Şarap müzesi ile Apikreni olarak bilinen kireç taşından yapılmış kuyunun yanında Domaine Nicolaides ailesine ait olan ve bu ailenin üçüncü nesli tarafından çalıştırılan bir şarap imalathanesinin bulunduğu da bilgimize getiriliyor. Ancak ben caminin iç kısmı ile Pastelli müzesinin fotoğrafını çekmekle meşgul olduğumdan ne şarap imalathanesini, ne de kuyuyu görme olanağım oldu. Şarap imalathanesinin adadaki en güzel gül şaraplarını imal etmekle ünlendiği ve “Cabernet Sauvignon” ile tatlı olan “dessert” şaraplarını da ürettiği bilgime getiriliyor. Görme imkânı bulamadığım Apikreni kuyusundan su içenlerin sonsuza kadar bu köyde kalacakları rivayet ediliyormuş. Bu kuyuyla ilgili olduğunu sandığım bir rivayet de Hasan Fehmi’in “Güney’de Kalan Değerlerimiz” adlı kitabında yer almaktadır. Rivayete göre bu köy ile civarı M.S XII. Yüzyılda St. John Şövalyelerine aitti.
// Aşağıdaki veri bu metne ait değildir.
-- ===== src/Apps/Access.antt =====
-- src/src/apis/session.rs: who may call an api. The session of a request is opened before its
-- controller, checked against the roles of the api, and renewed or logged in anew. The requests are
-- those of hyper, the sessions those in redis.
pub mod Refusals
pub mod Steps
pub mod Telling
use dce_rust.Base.{
  ℕ, Bool, true, false, not, Option, none, some, List, [], ◌∷◌, ◌++◌, any, is_empty, ◌==◌, list_eq,
  nat_eq, if◌then◌else◌,
}
use dce_rust.Text.{Str, text, ends_with}
use dce_rust.Text.Lines.{find_text}
use dce_rust.Maps.{map_get, map_insert}
use dce_rust.Error.{Outcome, ok, err, panics, out_of_fuel, new_openly, pos, ◌>>=◌}
use dce_rust.Api.{Api}
use dce_rust.Request.{Context, borrow_rp}
use dce_rust.Serializer.{string}
use dce_rust.Protocol.{serialized, head_sid_name, set_session, req}
use dce_rust.Http.{Hyper, HyperHttpProtocol}
use dce_rust.Http
use dce_rust.Session.Trait.{Ran, ◌>>!◌}
use dce_rust.Session.Redis.{Redis, RedisSession, new_with_id, set_redis}
use dce_rust.Session.Redis
use dce_rust.Session.User
use dce_rust.Session.Auto.{AutoRenew, redis_renewable}
use dce_rust.Session.Auto

pub record Member : Type 0 where
  pub id : ℕ
  pub name : Str
  pub role_id : ℕ

-- What the clock and the random numbers give for the making of one id.
pub record Draw : Type 0 where
  pub now : Outcome (ℕ × ℕ)
  pub random : ℕ

-- What the application uses of other crates. `query` is that of the request's uri, `roles` the
-- roles of an api among its extras, if they are a vector of numbers; `box` keeps a session in the
-- data of a request, and `redis` is the connection.
pub record Uses (Req Resp Method Value Status D R : Type 0) : Type 0 where
  pub hyper : Hyper Req Resp Method Value Status
  pub query : Req → Option Str
  pub roles : Api (HyperHttpProtocol Req Resp) → Option (List ℕ)
  pub box : RedisSession R Member → D
  pub commands : Redis R
  pub redis : R
  pub from_json : Str → Outcome Member
  pub to_json : Member → Outcome Str
  pub hash : Str → Str

module _ {Req Resp Method Value Status D R : Type 0}
    (uses : Uses Req Resp Method Value Status D R) where
  open uses use {hyper, query, roles, box, commands, redis, from_json, to_json, hash}

  abbrev pub Rp : Type 0
  Rp = HyperHttpProtocol Req Resp

  abbrev pub C : Type 0
  C = Context Rp D

  abbrev pub S : Type 0
  S = RedisSession R Member

  pub record AppAuth : Type 0 where
    pub context : C
    pub session : AutoRenew S
    pub roles_needs : List ℕ

  abbrev pub uid_of : Member → ℕ
  uid_of member = member.id

  -- `context.api().unwrap()`.
  abbrev pub routed_api : C → Outcome (Api Rp)
  routed_api context = elim context.api [ none ↦ panics | some api ↦ ok api ]

  unfoldable pub new_auth : C → AutoRenew S → Outcome AppAuth
  new_auth context session = routed_api context >>= λ api. ok (record {
    context = context;
    session = session;
    roles_needs = elim (roles api) [ none ↦ [] | some needs ↦ needs ];
  })

  unfoldable pub is_private : AppAuth → Bool
  is_private auth = not (is_empty auth.roles_needs)

  unfoldable pub is_login : AppAuth → Outcome Bool
  unfolding ends_with
  is_login auth = routed_api auth.context >>= λ api. ok (ends_with api.path (text "login"))

  unfoldable pub is_auto_login : AppAuth → Outcome Bool
  unfolding borrow_rp req find_text
  is_auto_login auth = borrow_rp auth.context >>= λ rp. req rp.meta >>= λ r. ok (elim (query r) [
    | none ↦ false
    | some q ↦ elim (find_text (text "autologin") q) [ none ↦ false | some _ ↦ true ]
  ])

  -- A method of the session.
  unfoldable pub on_session : {A : Type 0} → (S → Ran A S) → AppAuth → Ran A AppAuth
  on_session call auth =
      let (result, s) = call auth.session.session in
      (result, record auth { session = record auth.session { session = s } })

  -- `context.rp_mut().set_resp_sid(self.session.id().to_string())`.
  unfoldable pub set_resp_sid : Str → C → Ran (Unit {0}) C
  unfolding map_insert
  set_resp_sid sid context = elim context.rp [
    | none ↦ (panics, context)
    | some rp ↦ (
      ok tt,
      record context {
        rp = some (record {
          meta = record rp.meta { resp_heads = map_insert head_sid_name sid rp.meta.resp_heads };
        });
      },
    )
  ]

  unfoldable pub tell_sid : Bool → AppAuth → Ran (Unit {0}) AppAuth
  unfolding set_resp_sid
  tell_sid false auth = (ok tt, auth)
  tell_sid true auth =
      let (result, context) = set_resp_sid auth.session.session.meta.sid auth.context in
      (result, record auth { context = context })

  unfoldable pub valid : AppAuth → Ran (Unit {0}) AppAuth
  unfolding is_private on_session User.user any
  valid auth = elim (is_private auth) [
    | false ↦ (ok tt, auth)
    | true ↦ on_session (User.user commands uid_of from_json to_json) auth >>! (λ found checked.
        elim found [
          | none ↦ (err (new_openly (pos 401) (text "Unauthorized")), checked)
          | some user ↦
              if any (λ role. role == user.role_id) checked.roles_needs
              then (ok tt, checked)
              else (err (new_openly (pos 403) (text "Forbidden")), checked)
        ])
  ]

  module _ (draw : Draw) where
    unfoldable pub auto_login : AppAuth → Ran (Unit {0}) AppAuth
    unfolding on_session User.auto_login tell_sid
    auto_login auth =
        on_session (User.auto_login commands uid_of from_json to_json draw.now draw.random hash)
          auth
        >>! (λ renewed after. tell_sid renewed after)

    unfoldable pub try_renew : AppAuth → Ran (Unit {0}) AppAuth
    unfolding Auto.try_renew tell_sid
    try_renew auth =
        let (result, session) =
          Auto.try_renew
            (redis_renewable commands uid_of from_json to_json draw.now draw.random hash) draw.now
            auth.session in
        (result, record auth { session = session }) >>! (λ renewed after. tell_sid renewed after)

    -- What follows the check.
    unfoldable pub refresh : AppAuth → Ran (Unit {0}) AppAuth
    unfolding is_auto_login is_login auto_login try_renew
    refresh auth = (is_auto_login auth, auth) >>! (λ logs_in _. elim logs_in [
      | true ↦ auto_login auth
      | false ↦
          (is_login auth, auth)
          >>! (λ at_login _. elim at_login [ true ↦ (ok tt, auth) | false ↦ try_renew auth ])
    ])

  -- The session of a request: that of the id it comes with, or a new one for an hour.
  unfoldable pub open_session : Draw → Option Str → Outcome (AutoRenew S)
  unfolding new_with_id Redis.new set_redis Auto.new Auto.config
  open_session draw sid =
      (elim sid as (λ _. Outcome S) [
        | none ↦ Redis.new draw.now draw.random hash 60
        | some s ↦ new_with_id (s ∷ [])
      ])
      >>= λ s. ok (Auto.config (some 240) none none none (Auto.new (set_redis redis s)))

  unfoldable pub opened : Draw → C → Outcome (AutoRenew S)
  unfolding borrow_rp Http.sid open_session
  opened draw context =
      borrow_rp context >>= λ rp. Http.sid hyper rp >>= λ sid. open_session draw sid

  -- The session is bound to the request once it is checked and refreshed.
  unfoldable pub admit : Draw → AppAuth → Ran (Unit {0}) C
  unfolding valid refresh set_session Auto.unwrap
  admit renewed auth =
      let (result, after) = valid auth >>! (λ _ checked. refresh renewed checked) in
      (result, after.context) >>! (λ _ c. (ok tt, set_session box (Auto.unwrap after.session) c))

  -- The draws are those for a new session and for the id of a renewal.
  unfoldable pub before_controller : Draw → Draw → C → Ran (Unit {0}) C
  unfolding opened new_auth admit
  before_controller created renewed context =
      (opened created context, context)
      >>! (λ session c. (new_auth c session, c))
      >>! (λ auth _. admit renewed auth)

  -- The body of an answer tells of a new id.
  unfoldable pub after_controller : C → Ran (Unit {0}) C
  unfolding map_get
  after_controller context = elim context.rp [
    | none ↦ (panics, context)
    | some rp ↦ elim (map_get head_sid_name rp.meta.resp_heads) [
      | none ↦ (ok tt, context)
      | some sid ↦ elim rp.meta.resp [
        | some (serialized (string body)) ↦ (
          ok tt,
          record context {
            rp = some (record {
              meta = record rp.meta {
                resp = some (
                    serialized (
                      string (
                        body
                        ++ (text "\n\nGot new sid, you can use it to access private page:\n"
                            ++ sid))));
              };
            });
          },
        )
        | _ ↦ (ok tt, context)
      ]
    ]
  ]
O sıralarda köyün sahibi de bir kadınmış. Bir gün bu kadının oğlu, kuyunun üzerinden atıyla atlamaya teşebbüs ettiği bir sırada kuyuya düşerek ölmüş. Bunun üzerine kadın, saraydaki tüm eşyası ile mücevherlerini kuyuya attıktan sonra kuyuyu toprakla örtmüş ve bir daha dönmemek üzere köyü terk etmiş.  
Anoyira’dan Evdime doğru yol alırken sağ yanımızda, üzerinde “Acı olmayan” anlamına gelen “H Apikreni” yazılı olan ikinci bir su kaynağındaki çeşmeyi de ziyaret etmiştik. Gelip geçenlerin içtiği bu çeşme suyunun, Trodos dağlarının eteklerinden kaynaklandıktan sonra yerin altından devam ederek buraya kadar geldiği ve bölgenin en güzel suyu olduğu kaydedilmektedir. Kemerli bir niş içerisinden akan suyun soğuk ve yumuşak olduğu ilk yudumda anlaşılıyor. Pınarla ilgili bir rivayet de bize anlatılıyor. Rivayete göre dinlenmek için buradaki kayanın üzerine oturan tanrıça Afrodit, elini kayaya vurmasıyla oradan su fışkırmaya başlamış. Çeşmeyle ilgili bir başka rivayet ise,  çeşmenin suyundan içen yabancıların köyden bir kişiyle evlenecekleri ve hayatları boyunca bu köyden hiç ayrılmayıp orada kalacakları doğrultusunda.